A former trial lawyer, the 58-year-old Edwards elected not testify at his six-week trial. His mistress, Rielle Hunter, also didn't take the stand.

Edwards' lawyers — Abbe Lowell, Allison Van Laningham and Alan W. Duncan — said in a joint statement that they are pleased with the government's decision not to seek a second trial that they believe would have had the same outcome.

"While John has repeatedly admitted to his sins, he has also consistently asserted, as we demonstrated at the trial, that he did not violate any campaign law nor even imagined that any campaign laws could apply," they said. "We are very glad that, after living under this cloud for over three years, John and his family can have their lives back and enjoy the peace they deserve."
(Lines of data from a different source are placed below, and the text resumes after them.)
-- ===== src/Model.antt =====
-- internal/model: the entities, the requests that change them, and the outcome of a refresh.
pub mod Entry
pub mod Category
pub mod Feed
pub mod User
pub mod Refreshed
pub mod Samples
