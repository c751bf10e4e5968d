-- ===== src/Model/Feed/Laws.antt =====
-- The schedule of the checks of a feed, and the cache of its parsed URLs.
use native.Mathlib.Nat.{mod-eq_of_lt}
use miniflux.Base.Int.{pos, pos_part, ◌+ℤ◌, wrap64}
use miniflux.Base.{
  min, max, lt→ltb, ℕ, ◌+◌, ◌*◌, ◌≤◌, ◌<◌, String, ◌≡◌, refl, sym, ap, ◌∙◌, ◌⊎◌, inl, inr, true,
  Option, none, some, List, arith, ◌==◌, nat_eq, string_eq, Bool-cases,
}
use mathlib.Core.Option.{none-ne-some}
use miniflux.Model.Feed.{
  Feed, with_feed_url_string, with_site_url_string, checked_now, schedule_next_check,
  with_block_authors, answer_url, get_feed_url, get_site_url,
}
use miniflux.Model.Feed.Patch.{FeedModificationRequest, over_url, over_block_authors, patch_feed}

-- A cache is empty, or holds what the text parses to.
abbrev pub IsFreshUrl : {Url : Type 0} → (String → Option Url) → Option Url → String → Type 0
IsFreshUrl parse cached text = (cached ≡ none) ⊎ (cached ≡ parse text)

abbrev pub HasFreshUrls : {Url : Type 0} → (String → Option Url) → Feed Url → Type 0
HasFreshUrls parse f =
    IsFreshUrl parse f.parsed_feed_url f.feed_url × IsFreshUrl parse f.parsed_site_url f.site_url

minutes_after :
    (now n : ℕ)
    → n ≤ 153722867
    → pos_part (pos now +ℤ wrap64 (pos (60000000000 * n))) ≡ now + 60000000000 * n
unfolding ◌+ℤ◌
minutes_after now n h =
    let whole =
      mod-eq_of_lt (let below : 60000000000 * n < 18446744073709551616 = omega arith in below) in
    rw (whole, lt→ltb (60000000000 * n) 9223372036854775808 (omega arith)) (ground arith)

module _ {Url : Type 0} where
  -- Where the configured minimum is at most the maximum, and the maximum at most 153722867 minutes,
  -- so that it fits into 64 bits as a duration, the interval of ScheduleNextCheck lies between them:
  -- it is the delay, the minimum for a smaller delay, or the maximum for a larger one. The next check
  -- is set that many minutes after the instant.
  pub schedule_next_check-bounds :
      (min_interval max_interval now delay : ℕ) (f : Feed Url)
      → min_interval ≤ max_interval
      → max_interval ≤ 153722867
      → (let run = schedule_next_check min_interval max_interval now delay f in
          (min_interval ≤ run.1)
          × (run.1 ≤ max_interval)
          × ((run.1 ≡ delay)
              ⊎ ((run.1 ≡ min_interval) × (delay < min_interval))
              ⊎ ((run.1 ≡ max_interval) × (max_interval < delay)))
          × (run.0.next_check_at ≡ now + 60000000000 * run.1))
  unfolding schedule_next_check
  schedule_next_check-bounds min_interval max_interval now delay f h fits = (
    ground arith,
    ground arith,
    ground arith,
    minutes_after now (min max_interval (max min_interval delay)) (ground arith),
  )

  module _ (parse : String → Option Url) where
    with_feed_url_string-HasFreshUrls :
        (s : String) (f : Feed Url)
        → HasFreshUrls parse f
        → HasFreshUrls parse (with_feed_url_string s f)
    unfolding with_feed_url_string
    with_feed_url_string-HasFreshUrls s f h = elim (Bool-cases (f.feed_url == s)) [
      | inl same ↦ rw same h
      | inr other ↦ rw other (inl refl, h.1)
    ]

    with_site_url_string-HasFreshUrls :
        (s : String) (f : Feed Url)
        → HasFreshUrls parse f
        → HasFreshUrls parse (with_site_url_string s f)
    unfolding with_site_url_string
    with_site_url_string-HasFreshUrls s f h = elim (Bool-cases (f.site_url == s)) [
      | inl same ↦ rw same h
      | inr other ↦ rw other (h.0, inl refl)
    ]

    over_url-HasFreshUrls :
        (set : String → Feed Url → Feed Url)
        → ((s : String) (f : Feed Url) → HasFreshUrls parse f → HasFreshUrls parse (set s f))
        → (o : Option String) (f : Feed Url) → HasFreshUrls parse f
        → HasFreshUrls parse (over_url set o f)
    over_url-HasFreshUrls set keeps none f h = h
    over_url-HasFreshUrls set keeps (some s) f h = elim (Bool-cases (s == "")) [
      | inl empty ↦ rw empty h
      | inr text ↦ rw text (keeps s f h)
    ]

    over_block_authors-HasFreshUrls :
        (o : Option (List String)) (f : Feed Url)
        → HasFreshUrls parse f
        → HasFreshUrls parse (over_block_authors o f)
    unfolding with_block_authors
    over_block_authors-HasFreshUrls none f h = h
    over_block_authors-HasFreshUrls (some authors) f h = h

    -- A change of a feed keeps its cached URLs in step with their texts.
    pub patch_feed-HasFreshUrls :
        (r : FeedModificationRequest) (f : Feed Url)
        → HasFreshUrls parse f
        → HasFreshUrls parse (patch_feed r f)
    unfolding patch_feed
    patch_feed-HasFreshUrls r f h = over_block_authors-HasFreshUrls r.block_authors _ (
        over_url-HasFreshUrls with_site_url_string with_site_url_string-HasFreshUrls r.site_url _ (
          over_url-HasFreshUrls with_feed_url_string with_feed_url_string-HasFreshUrls r.feed_url f
            h))

    answer_url_fresh :
        (f : Feed Url) (put : Url → Feed Url) (cached parsed : Option Url)
        → (cached ≡ none) ⊎ (cached ≡ parsed)
        → HasFreshUrls parse f
        → ((u : Url) → some u ≡ parsed → HasFreshUrls parse (put u))
        → ((answer_url f put cached parsed).0 ≡ parsed)
          × HasFreshUrls parse (answer_url f put cached parsed).1
    answer_url_fresh f put (some u) parsed (inl empty) h g = absurd (none-ne-some u (sym empty))
    answer_url_fresh f put (some u) parsed (inr fresh) h g = (fresh, h)
    answer_url_fresh f put none none fresh h g = (refl, h)
    answer_url_fresh f put none (some u) fresh h g = (refl, g u refl)

    -- ParsedFeedURL and ParsedSiteURL of a feed whose cache is in step answer with what the texts
    -- parse to, and leave the cache in step.
    pub get_feed_url-parse :
        (show : Url → String) (f : Feed Url)
        → HasFreshUrls parse f
        → ((get_feed_url parse show f).0 ≡ parse f.feed_url)
          × ((get_site_url parse show f).0 ≡ parse f.site_url)
          × HasFreshUrls parse (get_feed_url parse show f).1
          × HasFreshUrls parse (get_site_url parse show f).1
    unfolding get_feed_url get_site_url
    get_feed_url-parse show f h =
        let feed =
          answer_url_fresh f (λ u. record f { parsed_feed_url = some u }) f.parsed_feed_url
            (parse f.feed_url) h.0 h (λ u q. (inr q, h.1)) in
        let site =
          answer_url_fresh f (λ u. record f { parsed_site_url = some u }) f.parsed_site_url
            (parse f.site_url) h.1 h (λ u q. (h.0, inr q)) in
        (feed.0, site.0, feed.1, site.1)

    -- A site URL "" that parses and has been asked for stays in the cache when CheckedNow replaces
    -- it by the feed URL: ParsedSiteURL then still answers with the URL of "".
    pub checked_now_stale :
        (show : Url → String) (now : ℕ) (f : Feed Url) (u : Url)
        → f.site_url ≡ ""
        → f.parsed_site_url ≡ none
        → parse "" ≡ some u
        → (let later = checked_now now (get_site_url parse show f).1 in
            (later.site_url ≡ f.feed_url) × ((get_site_url parse show later).0 ≡ some u))
    unfolding checked_now get_site_url
    checked_now_stale show now f u empty uncached p =
        let asked : answer_url f (λ v. record f { parsed_site_url = some v }) f.parsed_site_url
              (parse f.site_url)
            ≡ (some u, record f { parsed_site_url = some u }) =
          ap
            (λ t.
              answer_url f (λ v. record f { parsed_site_url = some v }) f.parsed_site_url (parse t))
            empty
          ∙ ap (λ c. answer_url f (λ v. record f { parsed_site_url = some v }) c (parse ""))
              uncached
          ∙ ap (λ o. answer_url f (λ v. record f { parsed_site_url = some v }) none o) p in
        let blank : (f.site_url == "") ≡ true = ap (λ t. t == "") empty in
        rw (asked, blank) (refl, refl)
Edwards, who lives in Chapel Hill, didn't comment on the dismissal and a spokesman for his lawyers said one would not be forthcoming.

In a brief statement on the courthouse steps two weeks ago after the conclusion of his trial, Edwards denied doing anything illegal but acknowledged he had done much that was wrong.

"There is no one else responsible for my sins," Edwards said, before expressing hope for his future. "I don't think God's through with me. I really believe he thinks there's still some good things I can do."

The trial exposed a sordid sex scandal that unfolded while Edwards' wife, Elizabeth, was dying of cancer, including the most intimate details of his affair with Hunter. But despite recounting the salacious details of his family tragedy, legal experts said the government failed to prove Edwards knowingly violated campaign finance law.

Bruce Reinhart, a criminal defense attorney who was a federal prosecutor for 19 years, said the prosecution's theory in this case was "aggressive."

"I think they were trying to plow new ground, but I can't say they were wrong to bring the case," said Reinhart, who spent eight years in the Justice Department's public integrity section, which prosecuted Edwards. "Sometimes you have to bring tough cases, and tough cases are hard to win."

He said it spoke well of prosecutors that they dropped the case.

"It's always easier to take another shot and then blame the jury if the jury doesn't convict," Reinhart said. "It takes a lot of integrity to say 'enough is enough and we're going to walk away.'"

From the start, lawyers for Edwards painted the prosecution as politically motivated. The investigation was originally spearheaded by George Holding, the then-U.S. Attorney for the Eastern District of North Carolina.

Appointed by President George W. Bush, Holding made a name for himself with criminal probes of high profile Democrats, including the state's former governor. When President Barack Obama came into office, Holding managed to forestall being replaced by a Democrat for years while the Edwards investigation was ongoing. He eventually resigned in 2011 as Edwards was indicted and soon announced his candidacy for Congress, winning in the GOP primary last month.

The final decision to prosecute was made by the Obama administration and the DOJ's Public Integrity Section. Once highly admired, the section's reputation suffered after a corruption conviction against former U.S. Sen. Ted Stevens of Alaska was overturned in 2009 after it was found prosecutors knowingly concealed evidence and allowed false testimony to be presented at trial.

Holding said Wednesday he had no regrets and lauded the prosecutors in the section and the best in the Justice Department.

"You can't look in hindsight and figure out which case you should or shouldn't bring," Holding said. "The cases come to you and you have to make a decision based on the law and the facts that are presented to you at the time they come in."

After two years of public denials, Edwards announced he was the father of Hunter's baby, Francis Quinn Hunter, in January 2010. The girl is now 4 years old and lives with her mother in Charlotte. Last month, Edwards expressed his love for Quinn, who he described as precious.

Edwards' eldest daughter, Cate Edwards, reacted to Wednesday's decision through her Twitter account. She sat behind her father in the courtroom nearly every day of his lengthy trial.

"Big sigh of relief," Cate Edwards, 30, tweeted. "Ready to move forward with life."